AI-driven drug discovery company Insilico Medicine and the University of Cambridge have discovered an approach to identify therapeutic targets for human diseases associated with protein phase separation (PPS).
In this study, the researchers combined Insilico’s artificial intelligence (AI)-driven target identification engine PandaOmics with the FuzDrop method for predicting protein separation to identify PPS-prone disease-associated proteins.

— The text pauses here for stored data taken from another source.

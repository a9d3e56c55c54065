-- ===== src/Gdb/Socket.antt =====
-- The TCP socket that gdb/client.py talks through, and the clock. What the peer does is a script:
-- the model makes no choice of its own. Times are in microseconds.
use dolphin_re_mcp.Prelude.{ℕ, ◌+◌, Bool, List, [], ◌∷◌, ◌++◌, take, drop, length}
use dolphin_re_mcp.Prelude.Text.{Bytes}
use dolphin_re_mcp.Errors.{Result, ok, err, timed_out, os_error}

-- What `recv` meets next: bytes (at least one), the end of the stream, a wait as long as the
-- socket's timeout, or another OSError.
pub data Event : Type 0 where
  chunk : ℕ → Bytes → Event
  closed quiet broken : Event

pub record Wire : Type 0 where
  pub incoming : List Event
  -- For each `sendall` to come, whether it raises OSError; with none left they succeed.
  pub send_faults : List Bool
  -- For each `create_connection` to come, whether it raises OSError.
  pub dial_faults : List Bool
  pub sent : Bytes
  pub clock : ℕ

-- What `recv` leaves of a chunk stays in front.
abbrev pub requeue : Bytes → List Event → List Event
requeue [] es = es
requeue (c ∷ cs) es = chunk c cs ∷ es

-- `sock.recv(n)` on a socket with the given timeout. A script that has run out is a silent peer.
unfoldable pub receive : ℕ → ℕ → List Event → Wire → Result Bytes × Wire
receive timeout n [] w = (err timed_out, record w { clock = w.clock + timeout })
receive timeout n (chunk c cs ∷ es) w =
    (ok (take n (c ∷ cs)), record w { incoming = requeue (drop n (c ∷ cs)) es })
receive timeout n (closed ∷ es) w = (ok [], w)
receive timeout n (quiet ∷ es) w =
    (err timed_out, record w { incoming = es; clock = w.clock + timeout })
receive timeout n (broken ∷ es) w = (err os_error, record w { incoming = es })

-- The bytes that arrive before the stream ends or fails.
abbrev pub flow : List Event → Bytes
flow [] = []
flow (chunk c cs ∷ es) = (c ∷ cs) ++ flow es
flow (_ ∷ es) = []

-- A bound for the calls of `recv` that the script can answer.
abbrev pub weight : List Event → ℕ
weight [] = 0
weight (chunk c cs ∷ es) = 2 + length cs + weight es
weight (_ ∷ es) = 1 + weight es
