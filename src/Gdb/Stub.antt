-- ===== src/Gdb/Stub.antt =====
-- gdb/client.py: the state of `GDBStub`, its lifecycle and its diagnostic ring buffer.
use dolphin_re_mcp.Prelude.{
  ℕ, ◌+◌, ◌-◌, Bool, false, Option, none, some, List, [], ◌∷◌, ◌++◌, if◌then◌else◌, length, drop,
}
use dolphin_re_mcp.Prelude.Text.{Text, Bytes}
use dolphin_re_mcp.Errors.{ok, err, os_error}
use dolphin_re_mcp.Exec.{Exec}
use dolphin_re_mcp.Gdb.Socket.{Wire, weight}

pub data Direction : Type 0 where
  sent recv oob note : Direction

-- `ts` and `latency` are in microseconds.
pub record PacketRecord : Type 0 where
  pub ts : ℕ
  pub direction : Direction
  pub payload : Text
  pub latency : ℕ

pub record Stub : Type 0 where
  -- `self.sock`: the timeout of the open socket, or none.
  pub sock : Option ℕ
  pub default_timeout : ℕ
  pub recv_buf : Bytes
  pub pending_replies : List Text
  pub diag : List PacketRecord
  pub diag_buf_size : ℕ
  pub last_send_ts : Option ℕ
  pub last_send_payload : Option Text
  pub wire : Wire

-- What the buffer and the script still hold: no loop makes more rounds.
abbrev pub unread : Stub → ℕ
unread s = length s.recv_buf + weight s.wire.incoming

-- `GDBStub(timeout=…, diag_buf_size=…)`, over a socket layer that is given.
unfoldable pub init : ℕ → ℕ → Wire → Stub
init timeout diag_buf_size wire = record {
  sock = none;
  default_timeout = timeout;
  recv_buf = [];
  pending_replies = [];
  diag = [];
  diag_buf_size = diag_buf_size;
  last_send_ts = none;
  last_send_payload = none;
  wire = wire;
}

-- Lifecycle

unfoldable pub take_fault : List Bool → Bool × List Bool
take_fault [] = (false, [])
take_fault (b ∷ bs) = (b, bs)

unfoldable pub connect : Exec Stub Unit
unfolding take_fault
connect s = elim s.sock [
  | some _ ↦ (ok tt, s)
  | none ↦
      let (fault, rest) = take_fault s.wire.dial_faults in
      let s' = record s { wire = record s.wire { dial_faults = rest } } in
      if fault
      then (err os_error, s')
      else (ok tt, record s' { sock = some s.default_timeout; recv_buf = [] })
]

unfoldable pub close : Stub → Stub
close s = elim s.sock [ none ↦ s | some _ ↦ record s { sock = none; recv_buf = [] } ]

-- The clock: each reading is one tick later than the one before.
unfoldable pub monotonic : Exec Stub ℕ
monotonic s = (ok s.wire.clock, record s { wire = record s.wire { clock = s.wire.clock + 1 } })

-- Diagnostics

-- `deque(maxlen=n).append`
unfoldable pub append_bounded {ℓ} : {A : Type ℓ} → ℕ → List A → A → List A
append_bounded n xs x = let ys = xs ++ x ∷ [] in drop (length ys - n) ys

unfoldable pub record_send : Text → Stub → Stub
unfolding append_bounded
record_send payload s =
    let now = s.wire.clock in
    record s {
      wire = record s.wire { clock = now + 1 };
      diag =
          append_bounded s.diag_buf_size s.diag
            (record { ts = now; direction = sent; payload = payload; latency = 0 });
      last_send_ts = some now;
      last_send_payload = some payload;
    }

latency_since : Direction → ℕ → Option ℕ → ℕ
latency_since recv now (some ts) = now - ts
latency_since _ now _ = 0

unfoldable pub record_recv : Text → Direction → Stub → Stub
unfolding append_bounded latency_since
record_recv payload kind s =
    let now = s.wire.clock in
    record s {
      wire = record s.wire { clock = now + 1 };
      diag = append_bounded s.diag_buf_size s.diag (record {
        ts = now;
        direction = kind;
        payload = payload;
        latency = latency_since kind now s.last_send_ts;
      });
    }
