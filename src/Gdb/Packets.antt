-- ===== src/Gdb/Packets.antt =====
-- gdb/client.py: framing and reading packets of `GDBStub`.
pub mod Reading
pub mod Delivery
pub mod Fuel
pub mod Pending
pub mod Clock
use dolphin_re_mcp.Prelude.{
  ℕ, zero, suc, ◌+◌, ◌-◌, ◌%◌, ◌/◌, Bool, true, false, not, ◌&&◌, Option, none, some, List, [], ◌∷◌,
  ◌++◌, map, ltb, leb, ◌==◌, if◌then◌else◌, length, take, drop, is_empty,
}
use dolphin_re_mcp.Prelude.Text.{Text, Bytes, codes, hex_digit, split_once, eq_text}
use dolphin_re_mcp.Errors.{
  Error, Result, ok, err, connection_lost, protocol_error, value_error, out_of_fuel, is_os_error,
  os_error,
}
use dolphin_re_mcp.Exec.{Exec, pure, raise, gets, modify, ◌>>=◌, ◌>>◌, catch, finally}
use dolphin_re_mcp.Gdb.Socket.{receive, weight}
use dolphin_re_mcp.Gdb.Stub.{
  Stub, Direction, recv, oob, close, record_send, record_recv, take_fault,
}

-- The wire

unfoldable pub checksum : Bytes → ℕ
checksum [] = 0
checksum (c ∷ p) = (c + checksum p) % 256

-- `f"${payload}#{checksum:02x}"`, encoded.
unfoldable pub frame : Bytes → Bytes
unfolding checksum hex_digit
frame payload =
    b'$'
    ∷ (payload
        ++ (b'#' ∷ hex_digit (checksum payload / 16) ∷ hex_digit (checksum payload % 16) ∷ []))

-- `bytes.decode(errors="replace")` of ASCII; any other byte is taken to be undecodable.
abbrev pub decode : Bytes → Text
decode = map (λ b. if ltb b 128 then b else 0xfffd)

unfoldable pub require_sock : Exec Stub ℕ
require_sock s = elim s.sock [ none ↦ (err connection_lost, s) | some t ↦ (ok t, s) ]

-- `sock.sendall(data)`
unfoldable pub send_all : Bytes → Exec Stub Unit
unfolding take_fault
send_all bytes s =
    let (fault, rest) = take_fault s.wire.send_faults in
    if fault then (err os_error, record s { wire = record s.wire { send_faults = rest } }) else (
      ok tt,
      record s { wire = record s.wire { send_faults = rest; sent = s.wire.sent ++ bytes } },
    )

-- `except OSError: self.close(); raise ConnectionLost`
unfoldable pub send_or_close : Bytes → Exec Stub Unit
send_or_close bytes = catch (send_all bytes) is_os_error (do modify close; raise connection_lost)

abbrev pub timeout_of : Option ℕ → ℕ
timeout_of none = 0
timeout_of (some t) = t

-- `sock.recv(n)`
unfoldable pub recv_some : ℕ → Exec Stub Bytes
unfolding receive
recv_some n s =
    let r = receive (timeout_of s.sock) n s.wire.incoming s.wire in (r.0, record s { wire = r.1 })

-- `chunk = sock.recv(4096)`: an empty one is the end of the stream.
unfoldable pub fill_once : Exec Stub Unit
fill_once = recv_some 4096 >>= λ chunk.
    if is_empty chunk
    then modify close >> raise connection_lost
    else modify (λ s. record s { recv_buf = s.recv_buf ++ chunk })

-- `while not test(self._recv_buf): …`. Each round takes at least one byte or event off the script.
unfoldable pub fill : (Bytes → Bool) → ℕ → Exec Stub Unit
fill test zero s = (err out_of_fuel, s)
fill test (suc fuel) s = elim (test s.recv_buf) [
  | true ↦ (ok tt, s)
  | false ↦ (fill_once >>= λ _. fill test fuel) s
]

unfoldable pub fill_until : (Bytes → Bool) → Exec Stub Unit
fill_until test s = fill test (suc (weight s.wire.incoming)) s

-- The three tests: a `$`, a `#` behind it, two more bytes behind that.
unfoldable pub body_of : Bytes → Option Bytes
unfolding split_once
body_of buf = elim (split_once b'$' buf) [ none ↦ none | some (_, body) ↦ some body ]

unfoldable pub ends_of : Bytes → Option (Bytes × Bytes)
unfolding body_of
ends_of buf = elim (body_of buf) [ none ↦ none | some body ↦ split_once b'#' body ]

unfoldable pub after_checksum : Bytes → Option Bytes
after_checksum (x ∷ y ∷ rest) = some rest
after_checksum _ = none

-- The first packet of a buffer that holds all of it, and what follows.
unfoldable pub packet_of : Bytes → Option (Bytes × Bytes)
unfolding ends_of after_checksum
packet_of buf = elim (ends_of buf) [
  | none ↦ none
  | some (payload, tail) ↦ elim (after_checksum tail) [
    | none ↦ none
    | some rest ↦ some (payload, rest)
  ]
]

abbrev pub is_some {ℓ} : {A : Type ℓ} → Option A → Bool
is_some none = false
is_some (some _) = true

unfoldable pub has_start : Bytes → Bool
has_start buf = is_some (body_of buf)

unfoldable pub has_end : Bytes → Bool
has_end buf = is_some (ends_of buf)

unfoldable pub has_checksum : Bytes → Bool
has_checksum buf = is_some (packet_of buf)

-- `payload = buf[start:end].decode(…); self._recv_buf = buf[end + 3:]`
unfoldable pub take_packet : Exec Stub Text
take_packet s = elim (packet_of s.recv_buf) [
  | none ↦ (err value_error, s)
  | some (payload, rest) ↦ (ok (decode payload), record s { recv_buf = rest })
]

unfoldable pub read_packet_body : Direction → Exec Stub Text
read_packet_body kind = do
  fill_until has_start
  fill_until has_end
  fill_until has_checksum
  payload ← take_packet
  send_or_close (b'+' ∷ [])
  modify (record_recv payload kind)
  pure payload

-- `sock.settimeout(t)`; on a socket that was closed it raises OSError, which is ignored.
unfoldable pub set_timeout : ℕ → Stub → Stub
set_timeout t s = elim s.sock [ none ↦ s | some _ ↦ record s { sock = some t } ]

unfoldable pub set_timeout? : Option ℕ → Stub → Stub
set_timeout? none s = s
set_timeout? (some t) s = set_timeout t s

-- `_read_packet_from_wire(timeout, _record_kind)`
unfoldable pub read_packet_from_wire : Option ℕ → Direction → Exec Stub Text
read_packet_from_wire timeout kind = do
  old ← require_sock
  modify (set_timeout? timeout)
  finally (read_packet_body kind) (modify (set_timeout old))

-- `_read_packet(timeout)`
unfoldable pub read_packet : Option ℕ → Exec Stub Text
read_packet timeout s = elim s.pending_replies [
  | [] ↦ read_packet_from_wire timeout recv s
  | reply ∷ rest ↦ (ok reply, record s { pending_replies = rest })
]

Recent research has demonstrated that PPS is widely present in cells and drives a variety of important biological functions. PPS can create clogs or aggregates of molecules linked to neurodegenerative diseases like Alzheimer’s and Parkinson’s, while poorly formed cellular condensates could contribute to cancers and the ageing process.
PandaOmics integrates multiple omics and text-based AI bioinformatics models to assess the potential of proteins as therapeutic targets.
The FuzDrop is a tool introduced by Professor Michele Vendruscolo’s group at the University of Cambridge, which calculates the propensity of a protein to undergo spontaneous phase separation, aiding in the identification of proteins prone to forming liquid-liquid phase-separated condensates.
“It has been challenging so far to understand the role of protein phase separation in cellular functions,” said Professor Vendruscolo, Co-Director, Centre for Misfolding Diseases, Yusuf Hamied Department of Chemistry, University of Cambridge. “Even more difficult has been to clarify the exact nature of its association with human disease. By working with Insilico Medicine, we have provided a roadmap for researchers to navigate this complex terrain.”
Using this approach, the researchers validated the differential phase separation behaviours of three predicted Alzheimer’s disease targets (MARCKS, CAMKK2 and p62) in two cell models of Alzheimer’s disease, which support their potential as therapeutic targets.
By modulating the formation and behaviour of these condensates, it may be possible to develop novel interventions to mitigate the pathological processes associated with Alzheimer’s disease.